Coworker: “My client took FMLA, and I need you to contact (our liaison in another office) We need to know if we have to pay FMLA back I don’t know what FMLA is or anything about it.”

FMLA is the Family and Medical Leave Act, a labor law that requires companies to provide employees with job-protected, unpaid leave for accepted medical and family issues.

Me: “I know what FMLA is. It is up to twelve weeks of unpaid time off. I can send you a link that explains exactly what it is.”

Coworker: “No, we need to know if we have to pay someone back for the FMLA the client took.”

Me: “This is unpaid leave — unless she took short-term disability with the FMLA. The only thing to pay back in that case would be the short-term disability.”

Coworker: “No, I want you to email the liaison and find out for sure that FMLA does not have to be paid back.”

I didn’t understand why she couldn’t email the guy herself. I went ahead and sent him the email, and I was thinking he was going to think we were incompetent here. The liaison emailed me back and confirmed that the FMLA was unpaid leave time and there was nothing to pay back.

I called [Coworker] and told her this, and I sent her the link to read about FMLA. 

About three months later, [Coworker] called me.

Coworker: “Did you ever find out if the FMLA has to be paid back?”

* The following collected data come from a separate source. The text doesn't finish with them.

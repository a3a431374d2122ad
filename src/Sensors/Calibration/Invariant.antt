-- ===== src/Sensors/Calibration/Invariant.antt =====
-- sensors-hf/CalibrationStore.cpp: what is kept over every sequence of reports, seeds and passes.
use android_device_ikko_mind.Common.{
  ℕ, ◌+◌, ◌/◌, ◌≡◌, refl, sym, Bool, true, false, Bool-cases, Option-cases, some-eq, inl, inr,
  Option, none, some, List, [], ◌∷◌, ◌==◌, ◌&&◌, ◌||◌, not, leb, if◌then◌else◌, bytes_eq, if_elim,
  take, arith,
}
use android_device_ikko_mind.Sensors.Calibration.{
  Values, Region, SensorLayout, all_layouts, layout_for, Cached, k_min_rewrite_interval_ms,
  all_zero, seed_cache, Host, target, layout_of, differs, reported, written, write_file,
  write_pending, write_if_due, persist_reported, persist_region, at_stop, visit_pending, visit,
  Caches, same_region, put, or_fresh, slots_of, region_of, persist_in, event_for, on_kernel_event,
  visit_slot, pass, persistence_pass, Event, kernel, wake, seed, seed_in, step, run, empty,
}

-- What is pending has to be written: there is a value, it is not all zero, and it is not the one in the
-- file.
abbrev pub IsValid : Cached → Type 0
IsValid c =
    c.pending ≡ true
    → (c.have_value ≡ true) × (all_zero c.values ≡ false) × (differs c.values c ≡ true)

abbrev pub AllValid : Caches → Type 0
AllValid m = (t : ℕ) (r : Region) (c : Cached) → m t r ≡ some c → IsValid c

-- What holds from each world to the next, over no call and over several.
pub record IsOrder {W : Type 0} (R : W → W → Type 0) : Type 0 where
  pub none_at_all : (w : W) → R w w
  pub one_more : (u v w : W) → R u v → R v w → R u w

-- Kept by reading the clock, and by a write of values that are not all zero.
pub record Keeps {W : Type 0} (h : Host W) (R : W → W → Type 0) : Type 0 where
  pub by_clock : (w : W) → R w (h.now_ms w).0
  pub by_write :
      (w : W) (path key : List ℕ) (values_ : Values)
      → all_zero values_ ≡ false
      → R w (h.write_int_array w path key values_).0

abbrev keeps_value : Cached → Bool
keeps_value c =
    c.have_value && (not c.have_persisted_value || not (bytes_eq c.values c.persisted_values))

seed_cache-IsValid : (values_ : Values) (c : Cached) → IsValid c → IsValid (seed_cache values_ c)
unfolding seed_cache
seed_cache-IsValid values_ c v = elim (Bool-cases (keeps_value c)) [
  | inl g ↦ rw g v
  | inr g ↦ rw g (λ p. let (a, b, d) = v p in absurd (ground arith))
]

-- What a report that is not passed over leaves.
pub reported-some :
    (values_ : Values) (c c1 : Cached)
    → reported values_ c ≡ some c1
    → c1 ≡ record c {
      values = values_;
      have_value = true;
      pending = if all_zero values_ then false else differs values_ c;
    }
unfolding reported
reported-some values_ c c1 e =
    let unchanged = c.have_value && bytes_eq c.values values_ in
    let skip =
      unchanged
      && (c.pending
          || all_zero values_
          || c.have_persisted_value && bytes_eq c.persisted_values values_) in
    elim (Bool-cases skip) [ inl k ↦ absurd (ground arith) | inr k ↦ sym (some-eq (ground arith)) ]

reported-IsValid : (values_ : Values) (c c1 : Cached) → reported values_ c ≡ some c1 → IsValid c1
reported-IsValid values_ c c1 e =
    let z = reported-some values_ c c1 e in rw z (λ p. (refl, ground arith, ground arith))

at_stop-IsValid : (stopping : Bool) (c : Cached) → IsValid c → IsValid (at_stop stopping c)
unfolding at_stop
at_stop-IsValid true c v p = (ground arith, ground arith, ground arith)
at_stop-IsValid false c v p = v p

put-AllValid :
    (t : ℕ) (r : Region) (c : Cached) (m : Caches) → IsValid c → AllValid m → AllValid (put t r c m)
unfolding put
put-AllValid t r c m v a u q d e =
    if_elim (λ o. o ≡ some d → IsValid d) (t == u && same_region r q) (some c) (m u q)
      (λ k f. let z : d ≡ c = sym (some-eq f) in rw z v) (λ k f. a u q d f) e

or_fresh-IsValid :
    (o : Option Cached) → ((c : Cached) → o ≡ some c → IsValid c) → IsValid (or_fresh o)
unfolding or_fresh
or_fresh-IsValid none v = λ p. absurd (ground arith)
or_fresh-IsValid (some c) v = v c refl

module _ {W : Type 0} (h : Host W) (R : W → W → Type 0) (order : IsOrder R)
    (calls : Keeps h R) where
  -- A step from a world to a world and a valid cache.
  abbrev Goes : W → W × Cached → Type 0
  Goes w out = R w out.0 × IsValid out.1

  written_world : (c : Cached) (r : W × Bool) → c.pending ≡ false → (written h c r).0 ≡ r.0
  unfolding written
  written_world c (w, true) p = refl
  written_world c (w, false) p = refl

  written_pending : (c : Cached) (r : W × Bool) → (written h c r).1.pending ≡ c.pending
  unfolding written
  written_pending c (w, true) = refl
  written_pending c (w, false) = refl

  write_file-Goes :
      (c : Cached) (w : W) (o : Option (List ℕ × List ℕ))
      → c.pending ≡ false
      → all_zero c.values ≡ false
      → Goes w (write_file h c w o)
  unfolding write_file
  write_file-Goes c w none p z = (order.none_at_all w, λ q. absurd (ground arith))
  write_file-Goes c w (some (path, key)) p z =
      let r = h.write_int_array w path key c.values in
      let e = written_pending c r in
      (rw (written_world c r p) (calls.by_write w path key c.values z), λ q. absurd (ground arith))

  write_pending-Goes :
      (w : W) (l : SensorLayout) (r : Region) (c : Cached)
      → all_zero c.values ≡ false
      → Goes w (write_pending h w l r c)
  unfolding write_pending
  write_pending-Goes w l r c z =
      let t = h.now_ms w in
      let c1 : Cached = record c { pending = false; due_ms = t.1 + k_min_rewrite_interval_ms } in
      let (k, v) = write_file-Goes c1 t.0 (target l r) refl z in
      (order.one_more w t.0 (write_file h c1 t.0 (target l r)).0 (calls.by_clock w) k, v)

  write_if_due-Goes :
      (w : W) (l : SensorLayout) (r : Region) (c : Cached)
      → IsValid c
      → Goes w (write_if_due h w l r c)
  unfolding write_if_due
  write_if_due-Goes w l r c v =
      let t = h.now_ms w in
      let out = write_pending h t.0 l r c in
      let still : W × Cached = (t.0, c) in
      let same : W × Cached = (w, c) in
      if_elim (Goes w) c.pending (if leb c.due_ms t.1 then out else still) same
        (λ p.
          let (a, z, d) = v p in
          let (g, i) = write_pending-Goes t.0 l r c z in
          if_elim (Goes w) (leb c.due_ms t.1) out still
            (λ k. (order.one_more w t.0 out.0 (calls.by_clock w) g, i))
            (λ k. (calls.by_clock w, v)))
        (λ p. (order.none_at_all w, v))

  persist_region-Goes :
      (w : W) (l : SensorLayout) (r : Region) (values_ : Values) (c : Cached)
      → IsValid c
      → Goes w (persist_region h w l r values_ c)
  unfolding persist_region persist_reported
  persist_region-Goes w l r values_ c v = elim (Option-cases (reported values_ c)) [
    | inl n ↦ rw n (order.none_at_all w, v)
    | inr (c1, e) ↦ rw e (write_if_due-Goes w l r c1 (reported-IsValid values_ c c1 e))
  ]

  -- The same with the time that is waited for.
  abbrev Visits : W → W × (Cached × Option ℕ) → Type 0
  Visits w out = R w out.0 × IsValid out.1.0

  visit_pending-Visits :
      (stopping : Bool) (w : W) (l : SensorLayout) (r : Region) (c : Cached)
      → IsValid c
      → Visits w (visit_pending h stopping w l r c)
  unfolding visit_pending
  visit_pending-Visits stopping w l r c v =
      let t = h.now_ms w in
      let at_end = write_pending h w l r c in
      let in_time = write_pending h t.0 l r c in
      let a : W × (Cached × Option ℕ) = (w, (c, none)) in
      let b : W × (Cached × Option ℕ) = (at_end.0, (at_end.1, none)) in
      let d : W × (Cached × Option ℕ) = (in_time.0, (in_time.1, none)) in
      let e : W × (Cached × Option ℕ) = (t.0, (c, some c.due_ms)) in
      if_elim (Visits w) (not c.pending) a
        (if stopping then b else (if leb c.due_ms t.1 then d else e))
        (λ p. (order.none_at_all w, v))
        (λ p.
          let (q, z, f) = v (ground arith) in
          let (g, i) = write_pending-Goes w l r c z in
          let (g2, i2) = write_pending-Goes t.0 l r c z in
          if_elim (Visits w) stopping b (if leb c.due_ms t.1 then d else e) (λ k. (g, i))
            (λ k.
              if_elim (Visits w) (leb c.due_ms t.1) d e
                (λ u. (order.one_more w t.0 in_time.0 (calls.by_clock w) g2, i2))
                (λ u. (calls.by_clock w, v))))

  visit-Visits :
      (stopping : Bool) (w : W) (l : SensorLayout) (r : Region) (c : Cached)
      → IsValid c
      → Visits w (visit h stopping w l r c)
  unfolding visit
  visit-Visits stopping w l r c v =
      visit_pending-Visits stopping w l r (at_stop stopping c) (at_stop-IsValid stopping c v)

  -- The same of all the caches.
  abbrev AllGo : W → W × Caches → Type 0
  AllGo w out = R w out.0 × AllValid out.1

  persist_in-AllGo :
      (w : W) (l : SensorLayout) (words : Values) (m : Caches) (o : Option Region)
      → AllValid m
      → AllGo w (persist_in h w l words m o)
  unfolding persist_in
  persist_in-AllGo w l words m none v = (order.none_at_all w, v)
  persist_in-AllGo w l words m (some r) v =
      let n = (layout_of l r).size in
      let c = or_fresh (m l.sensor_type r) in
      let out = persist_region h w l r (take (n / 4) words) c in
      let (g, i) =
        persist_region-Goes w l r (take (n / 4) words) c
          (or_fresh-IsValid (m l.sensor_type r) (λ d e. v l.sensor_type r d e)) in
      let same : W × Caches = (w, m) in
      let new : W × Caches = (out.0, put l.sensor_type r out.1 m) in
      if_elim (AllGo w) (n == 0) same new (λ z. (order.none_at_all w, v))
        (λ z. (g, put-AllValid l.sensor_type r out.1 m i v))

  event_for-AllGo :
      (w : W) (action : ℕ) (words : Values) (m : Caches) (o : Option SensorLayout)
      → AllValid m
      → AllGo w (event_for h w action words m o)
  unfolding event_for
  event_for-AllGo w action words m none v = (order.none_at_all w, v)
  event_for-AllGo w action words m (some l) v = persist_in-AllGo w l words m (region_of action) v

  visit_slot-AllGo :
      (stopping : Bool) (w : W) (l : SensorLayout) (r : Region) (m : Caches) (o : Option Cached)
      → AllValid m
      → ((c : Cached) → o ≡ some c → IsValid c)
      → R w (visit_slot h stopping w l r m o).0 × AllValid (visit_slot h stopping w l r m o).1.0
  unfolding visit_slot
  visit_slot-AllGo stopping w l r m none v u = (order.none_at_all w, v)
  visit_slot-AllGo stopping w l r m (some c) v u =
      let (g, i) = visit-Visits stopping w l r c (u c refl) in
      (g, put-AllValid l.sensor_type r (visit h stopping w l r c).1.0 m i v)

  pass-AllGo :
      (stopping : Bool) (slots : List (SensorLayout × Region)) (w : W) (m : Caches)
      → AllValid m
      → R w (pass h stopping slots w m).0 × AllValid (pass h stopping slots w m).1.0
  unfolding pass
  pass-AllGo stopping [] w m v = (order.none_at_all w, v)
  pass-AllGo stopping ((l, r) ∷ rest) w m v =
      let s = visit_slot h stopping w l r m (m l.sensor_type r) in
      let (g, i) = visit_slot-AllGo stopping w l r m (m l.sensor_type r) v (v l.sensor_type r) in
      let (g2, i2) = pass-AllGo stopping rest s.0 s.1.0 i in
      (order.one_more w s.0 (pass h stopping rest s.0 s.1.0).0 g g2, i2)

  step-AllGo : (e : Event) (w : W) (m : Caches) → AllValid m → AllGo w (step h e w m)
  unfolding step on_kernel_event persistence_pass seed_in
  step-AllGo (kernel sensor_type action words) w m v =
      event_for-AllGo w action words m (layout_for sensor_type all_layouts) v
  step-AllGo (wake stopping) w m v = pass-AllGo stopping (slots_of all_layouts) w m v
  step-AllGo (seed sensor_type r values_) w m v =
      let c = or_fresh (m sensor_type r) in
      (
        order.none_at_all w,
        put-AllValid sensor_type r (seed_cache values_ c) m
            (seed_cache-IsValid values_ c (or_fresh-IsValid (m sensor_type r) (v sensor_type r))) v,
      )

  runs-AllGo : (events : List Event) (w : W) (m : Caches) → AllValid m → AllGo w (run h events w m)
  unfolding run
  runs-AllGo [] w m v = (order.none_at_all w, v)
  runs-AllGo (e ∷ rest) w m v =
      let s = step h e w m in
      let (g, i) = step-AllGo e w m v in
      let (g2, i2) = runs-AllGo rest s.0 s.1 i in
      (order.one_more w s.0 (run h rest s.0 s.1).0 g g2, i2)

-- Whatever the hub reports, whatever is read from files, and whenever the thread wakes up: what is pending
-- has a value that is not all zero and not the one known to be in the file, and no write ever puts
-- values that are all zero over the factory's. (Every relation between worlds is kept that reading the clock
-- and writes of other values keep, and doing nothing and one thing after another.)
pub run-AllValid :
    {W : Type 0} (h : Host W) (R : W → W → Type 0)
    → IsOrder R
    → Keeps h R
    → (events : List Event) (w : W) → let out = run h events w empty in R w out.0 × AllValid out.1
run-AllValid h R order calls events w =
    runs-AllGo h R order calls events w empty (λ t r c e. absurd (ground arith))
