-- ===== src/Sensors/Calibration/Saved.antt =====
-- sensors-hf/CalibrationStore.cpp: how often a region is written.
use android_device_ikko_mind.Common.{◌+◌, ◌≤◌, ◌≡◌, ◌⊎◌, false}
use android_device_ikko_mind.Sensors.Calibration.{Cached, k_min_rewrite_interval_ms, Host}

-- The world and the cache after a report or a visit are as they were, the clock apart, or one attempt to
-- write has been made: the time before which there is none was reached, and it is now the interval after
-- the clock's reading at the attempt, with which nothing is left pending.
abbrev pub Spaced : {W : Type 0} → Host W → W → Cached → W → Cached → Type 0
Spaced h w c v d =
    let t = h.now_ms w in
    let u = h.now_ms t.0 in
    (((v ≡ w) ⊎ (v ≡ t.0)) × (d.due_ms ≡ c.due_ms))
    ⊎ ((c.due_ms ≤ t.1) × (d.due_ms ≡ u.1 + k_min_rewrite_interval_ms) × (d.pending ≡ false))

module _ {W : Type 0} (h : Host W) where
  abbrev Attempted : W → Cached → Type 0
  Attempted w d = (d.due_ms ≡ (h.now_ms w).1 + k_min_rewrite_interval_ms) × (d.pending ≡ false)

Me: “Yes, I did, and I let you know months ago that it does not have to be paid back. Did you read that link I sent you that explains FMLA?”

Coworker: “No. I don’t know anything about FMLA.”

Me: “Okay. FMLA is twelve weeks of unpaid leave. FMLA is job protection. It doesn’t have anything to do with money. So there will be nothing to pay back.”

Coworker: “Okay, I’m confused. Should we be paying somebody back?”

Me: “No, it’s only unpaid leave time. The client didn’t get paid when she took FMLA.”

Coworker: “I’m still not sure about that. Can you call around and ask if we are supposed to be paying anything back for the FMLA?”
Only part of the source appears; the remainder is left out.